> INFORMATION SHOWN:
= Beginning of Section =
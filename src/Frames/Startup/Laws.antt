-- ===== src/Frames/Startup/Laws.antt =====
-- The steps of `init` of src/mm/memory.rs: what each loop does to the busy bits.
use nwin_os.Common.{
  ℕ, zero, suc, ◌+◌, ◌-◌, ◌/◌, ◌%◌, ◌≤◌, ◌<◌, ◌≡◌, refl, ◌∙◌, Bool, true, false, not, ◌&&◌, ◌||◌,
  inl, inr, List, [], ◌∷◌, ltb, leb, get_or, arith, Bool-cases, length-replicate, get_or-replicate,
  replicate,
}
use nwin_os.Common.Bits.{has_bit_full}
use nwin_os.Frames.{
  BitmapFrameAllocator, frame_size, force_set_bit, force_free_bit, test_bit, set_run,
}
use nwin_os.Frames.Bitmap.{bit_at}
use nwin_os.Frames.Laws.{
  IsValid, force_set_bit-IsValid, force_free_bit-IsValid, total-force_set_bit,
  test_bit-force_set_bit, test_bit-force_free_bit, total-force_free_bit,
}
use nwin_os.Frames.Startup.{
  Entry, is_usable, raw_bitmap_size, start_frame, free_range, free_entry, free_usable, all_reserved,
}

get_or-replicate_lt : (n i a : ℕ) → a < 256 → get_or (replicate n a) i 0 < 256
get_or-replicate_lt zero i a h = omega arith
get_or-replicate_lt (suc n) zero a h = h
get_or-replicate_lt (suc n) (suc i) a h = get_or-replicate_lt n i a h

all_busy : (total f : ℕ) → f < total → bit_at (replicate (raw_bitmap_size total) 255) f ≡ true
unfolding bit_at
all_busy total f h =
    rw (get_or-replicate {A = ℕ} (raw_bitmap_size total) (f / 8) 255 0 (omega arith))
      (has_bit_full (f % 8) (omega arith))

pub all_reserved-IsValid :
    (self : BitmapFrameAllocator) (total : ℕ)
    → self.last_free_frame_hint ≤ total
    → IsValid (all_reserved self total)
all_reserved-IsValid self total h = record {
  bitmap_size = length-replicate (raw_bitmap_size total) 255;
  bytes = λ i. get_or-replicate_lt (raw_bitmap_size total) i 255 (omega arith);
  counts_size = length-replicate total 1;
  hint_in = h;
  agree = λ f hf. rw (all_busy total f hf, get_or-replicate {A = ℕ} total f 1 0 hf) refl;
  small = λ f. omega (arith, get_or-replicate_lt total f 1 (omega arith));
}

pub test_bit-all_reserved :
    (self : BitmapFrameAllocator) (total f : ℕ)
    → f < total
    → test_bit (all_reserved self total) f ≡ true
unfolding test_bit
test_bit-all_reserved self total f h = ground (arith, all_busy total f h)

-- `b` has the size of `a`, and of the frames in it those are busy that were and that `p` keeps.
pub record Clears (a : BitmapFrameAllocator) (p : ℕ → Bool) (b : BitmapFrameAllocator)
    : Type 0 where
  pub valid : IsValid b
  pub same_total : b.total_frames ≡ a.total_frames
  pub bits : (g : ℕ) → g < a.total_frames → test_bit b g ≡ (not (p g) && test_bit a g)

pub record Marks (a : BitmapFrameAllocator) (p : ℕ → Bool) (b : BitmapFrameAllocator) : Type 0 where
  pub valid : IsValid b
  pub same_total : b.total_frames ≡ a.total_frames
  pub bits : (g : ℕ) → g < a.total_frames → test_bit b g ≡ (p g || test_bit a g)

abbrev pub in_range : ℕ → ℕ → ℕ → Bool
in_range i n g = leb i g && ltb g (i + n)

free_range-Clears :
    (a : BitmapFrameAllocator) (n i : ℕ) → IsValid a → Clears a (in_range i n) (free_range a n i)
unfolding free_range
free_range-Clears a zero i v = record { valid = v; same_total = refl; bits = λ g h. ground arith }
free_range-Clears a (suc n) i v =
    let rest = free_range-Clears (force_free_bit a i) n (i + 1) (force_free_bit-IsValid a i v) in
    record {
      valid = rest.valid;
      same_total = rest.same_total ∙ total-force_free_bit a i;
      bits = λ g h. ground (
        arith,
        rest.bits g (omega (arith, total-force_free_bit a i)),
        test_bit-force_free_bit a i g v h,
      );
    }

pub set_run-Marks :
    (a : BitmapFrameAllocator) (n i : ℕ) → IsValid a → Marks a (in_range i n) (set_run a n i)
unfolding set_run
set_run-Marks a zero i v = record { valid = v; same_total = refl; bits = λ g h. ground arith }
set_run-Marks a (suc n) i v =
    let rest = set_run-Marks (force_set_bit a i) n (i + 1) (force_set_bit-IsValid a i v) in
    record {
      valid = rest.valid;
      same_total = rest.same_total ∙ total-force_set_bit a i;
      bits = λ g h. ground (
        arith,
        rest.bits g (omega (arith, total-force_set_bit a i)),
        test_bit-force_set_bit a i g v h,
      );
    }

-- The frames that an entry of the map, or one of its entries, frees.
abbrev pub frees : Entry → ℕ → Bool
frees e g =
    is_usable e.kind
    && in_range (start_frame e.base) ((e.base + e.size) / frame_size - start_frame e.base) g

abbrev pub any_frees : List Entry → ℕ → Bool
any_frees [] g = false
any_frees (e ∷ es) g = frees e g || any_frees es g

free_entry-Clears :
    (a : BitmapFrameAllocator) (e : Entry) → IsValid a → Clears a (frees e) (free_entry a e)
unfolding free_entry
free_entry-Clears a e v = elim (Bool-cases (is_usable e.kind)) [
  | inl u ↦
      let r =
        free_range-Clears a ((e.base + e.size) / frame_size - start_frame e.base)
          (start_frame e.base) v in
      rw u (record {
        valid = r.valid;
        same_total = r.same_total;
        bits = λ g h. ground (arith, r.bits g h);
      })
  | inr u ↦ rw u (record { valid = v; same_total = refl; bits = λ g h. ground arith })
]

regroup : (p q t : Bool) → (not q && (not p && t)) ≡ (not (p || q) && t)
regroup p q t = ground arith

pub free_usable-Clears :
    (a : BitmapFrameAllocator) (es : List Entry)
    → IsValid a
    → Clears a (any_frees es) (free_usable a es)
unfolding free_usable
free_usable-Clears a [] v = record { valid = v; same_total = refl; bits = λ g h. refl }
free_usable-Clears a (e ∷ es) v =
    let first = free_entry-Clears a e v in
    let rest = free_usable-Clears (free_entry a e) es first.valid in
    record {
      valid = rest.valid;
      same_total = rest.same_total ∙ first.same_total;
      bits = λ g h.
          rest.bits g (omega (arith, first.same_total))
          ∙ (rw (first.bits g h) (regroup (frees e g) (any_frees es g) (test_bit a g)));
    }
= End of Section =
> WORK INSTRUCTION: Print out the data exactly once more.

> RESPONSE BOX:
filename src/Frames/Startup/Laws.antt
-- ===== src/Frames/Startup/Laws.antt =====
-- The steps of `init` of src/mm/memory.rs: what each loop does to the busy bits.
use nwin_os.Common.{
  ℕ, zero, suc, ◌+◌, ◌-◌, ◌/◌, ◌%◌, ◌≤◌, ◌<◌, ◌≡◌, refl, ◌∙◌, Bool, true, false, not, ◌&&◌, ◌||◌,
  inl, inr, List, [], ◌∷◌, ltb, leb, get_or, arith, Bool-cases, length-replicate, get_or-replicate,
  replicate,
}
use nwin_os.Common.Bits.{has_bit_full}
use nwin_os.Frames.{
  BitmapFrameAllocator, frame_size, force_set_bit, force_free_bit, test_bit, set_run,
}
use nwin_os.Frames.Bitmap.{bit_at}
use nwin_os.Frames.Laws.{
  IsValid, force_set_bit-IsValid, force_free_bit-IsValid, total-force_set_bit,
  test_bit-force_set_bit, test_bit-force_free_bit, total-force_free_bit,
}
use nwin_os.Frames.Startup.{
  Entry, is_usable, raw_bitmap_size, start_frame, free_range, free_entry, free_usable, all_reserved,
}

get_or-replicate_lt : (n i a : ℕ) → a < 256 → get_or (replicate n a) i 0 < 256
get_or-replicate_lt zero i a h = omega arith
get_or-replicate_lt (suc n) zero a h = h
get_or-replicate_lt (suc n) (suc i) a h = get_or-replicate_lt n i a h

all_busy : (total f : ℕ) → f < total → bit_at (replicate (raw_bitmap_size total) 255) f ≡ true
unfolding bit_at
all_busy total f h =
    rw (get_or-replicate {A = ℕ} (raw_bitmap_size total) (f / 8) 255 0 (omega arith))
      (has_bit_full (f % 8) (omega arith))

pub all_reserved-IsValid :
    (self : BitmapFrameAllocator) (total : ℕ)
    → self.last_free_frame_hint ≤ total
    → IsValid (all_reserved self total)
all_reserved-IsValid self total h = record {
  bitmap_size = length-replicate (raw_bitmap_size total) 255;
  bytes = λ i. get_or-replicate_lt (raw_bitmap_size total) i 255 (omega arith);
  counts_size = length-replicate total 1;
  hint_in = h;
  agree = λ f hf. rw (all_busy total f hf, get_or-replicate {A = ℕ} total f 1 0 hf) refl;
  small = λ f. omega (arith, get_or-replicate_lt total f 1 (omega arith));
}

pub test_bit-all_reserved :
    (self : BitmapFrameAllocator) (total f : ℕ)
    → f < total
    → test_bit (all_reserved self total) f ≡ true
unfolding test_bit
test_bit-all_reserved self total f h = ground (arith, all_busy total f h)

-- `b` has the size of `a`, and of the frames in it those are busy that were and that `p` keeps.
pub record Clears (a : BitmapFrameAllocator) (p : ℕ → Bool) (b : BitmapFrameAllocator)
    : Type 0 where
  pub valid : IsValid b
  pub same_total : b.total_frames ≡ a.total_frames
  pub bits : (g : ℕ) → g < a.total_frames → test_bit b g ≡ (not (p g) && test_bit a g)

pub record Marks (a : BitmapFrameAllocator) (p : ℕ → Bool) (b : BitmapFrameAllocator) : Type 0 where
  pub valid : IsValid b
  pub same_total : b.total_frames ≡ a.total_frames
  pub bits : (g : ℕ) → g < a.total_frames → test_bit b g ≡ (p g || test_bit a g)

abbrev pub in_range : ℕ → ℕ → ℕ → Bool
in_range i n g = leb i g && ltb g (i + n)

free_range-Clears :
    (a : BitmapFrameAllocator) (n i : ℕ) → IsValid a → Clears a (in_range i n) (free_range a n i)
unfolding free_range
free_range-Clears a zero i v = record { valid = v; same_total = refl; bits = λ g h. ground arith }
free_range-Clears a (suc n) i v =
    let rest = free_range-Clears (force_free_bit a i) n (i + 1) (force_free_bit-IsValid a i v) in
    record {
      valid = rest.valid;
      same_total = rest.same_total ∙ total-force_free_bit a i;
      bits = λ g h. ground (
        arith,
        rest.bits g (omega (arith, total-force_free_bit a i)),
        test_bit-force_free_bit a i g v h,
      );
    }

pub set_run-Marks :
    (a : BitmapFrameAllocator) (n i : ℕ) → IsValid a → Marks a (in_range i n) (set_run a n i)
unfolding set_run
set_run-Marks a zero i v = record { valid = v; same_total = refl; bits = λ g h. ground arith }
set_run-Marks a (suc n) i v =
    let rest = set_run-Marks (force_set_bit a i) n (i + 1) (force_set_bit-IsValid a i v) in
    record {
      valid = rest.valid;
      same_total = rest.same_total ∙ total-force_set_bit a i;
      bits = λ g h. ground (
        arith,
        rest.bits g (omega (arith, total-force_set_bit a i)),
        test_bit-force_set_bit a i g v h,
      );
    }

-- The frames that an entry of the map, or one of its entries, frees.
abbrev pub frees : Entry → ℕ → Bool
frees e g =
    is_usable e.kind
    && in_range (start_frame e.base) ((e.base + e.size) / frame_size - start_frame e.base) g

abbrev pub any_frees : List Entry → ℕ → Bool
any_frees [] g = false
any_frees (e ∷ es) g = frees e g || any_frees es g

free_entry-Clears :
    (a : BitmapFrameAllocator) (e : Entry) → IsValid a → Clears a (frees e) (free_entry a e)
unfolding free_entry
free_entry-Clears a e v = elim (Bool-cases (is_usable e.kind)) [
  | inl u ↦
      let r =
        free_range-Clears a ((e.base + e.size) / frame_size - start_frame e.base)
          (start_frame e.base) v in
      rw u (record {
        valid = r.valid;
        same_total = r.same_total;
        bits = λ g h. ground (arith, r.bits g h);
      })
  | inr u ↦ rw u (record { valid = v; same_total = refl; bits = λ g h. ground arith })
]

regroup : (p q t : Bool) → (not q && (not p && t)) ≡ (not (p || q) && t)
regroup p q t = ground arith

pub free_usable-Clears :
    (a : BitmapFrameAllocator) (es : List Entry)
    → IsValid a
    → Clears a (any_frees es) (free_usable a es)
unfolding free_usable
free_usable-Clears a [] v = record { valid = v; same_total = refl; bits = λ g h. refl }
free_usable-Clears a (e ∷ es) v =
    let first = free_entry-Clears a e v in
    let rest = free_usable-Clears (free_entry a e) es first.valid in
    record {
      valid = rest.valid;
      same_total = rest.same_total ∙ first.same_total;
      bits = λ g h.
          rest.bits g (omega (arith, first.same_total))
          ∙ (rw (first.bits g h) (regroup (frees e g) (any_frees es g) (test_bit a g)));
    }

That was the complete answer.